Saved entries
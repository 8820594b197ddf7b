-- ===== src/Source.antt =====
-- glsld-core/include/Basic/SourceInfo.h: positions and ranges in a text document. Lines and
-- characters are counted from zero; both stay below the range of `int`.
pub mod Overlap
pub mod Tests
use glsld.Prelude.{ℕ, ◌+◌, ◌-◌, Bool, ◌&&◌, ltb, leb, ◌==◌, if◌then◌else◌}

pub record TextPosition : Type 0 where
  pub line : ℕ
  pub character : ℕ

-- The defaulted `<=>` and `==` compare member by member.
unfoldable pub position_lt : TextPosition → TextPosition → Bool
position_lt a b = if a.line == b.line then ltb a.character b.character else ltb a.line b.line

unfoldable pub position_eq : TextPosition → TextPosition → Bool
position_eq a b = a.line == b.line && a.character == b.character

unfoldable pub position_le : TextPosition → TextPosition → Bool
position_le a b = if a.line == b.line then leb a.character b.character else ltb a.line b.line

pub record TextRange : Type 0 where
  pub start : TextPosition
  pub end : TextPosition

unfoldable pub is_empty : TextRange → Bool
unfolding position_eq
is_empty r = position_eq r.start r.end

-- The count of lines, for a range whose start does not lie behind its end.
unfoldable pub get_num_lines : TextRange → ℕ
get_num_lines r = r.end.line - r.start.line + 1

unfoldable pub contains : TextRange → TextPosition → Bool
unfolding position_le position_lt
contains r p = position_le r.start p && position_lt p r.end

unfoldable pub contains_extended : TextRange → TextPosition → Bool
unfolding position_le
contains_extended r p = position_le r.start p && position_le p r.end

unfoldable pub overlaps : TextRange → TextRange → Bool
unfolding contains position_lt
overlaps r s = if position_lt r.start s.start then contains r s.end else contains s r.start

EXERCISE DESCRIPTION
Give the number of lines above in which the word "unfolding" appears, and nothing more.

RESPONSE BELOW
4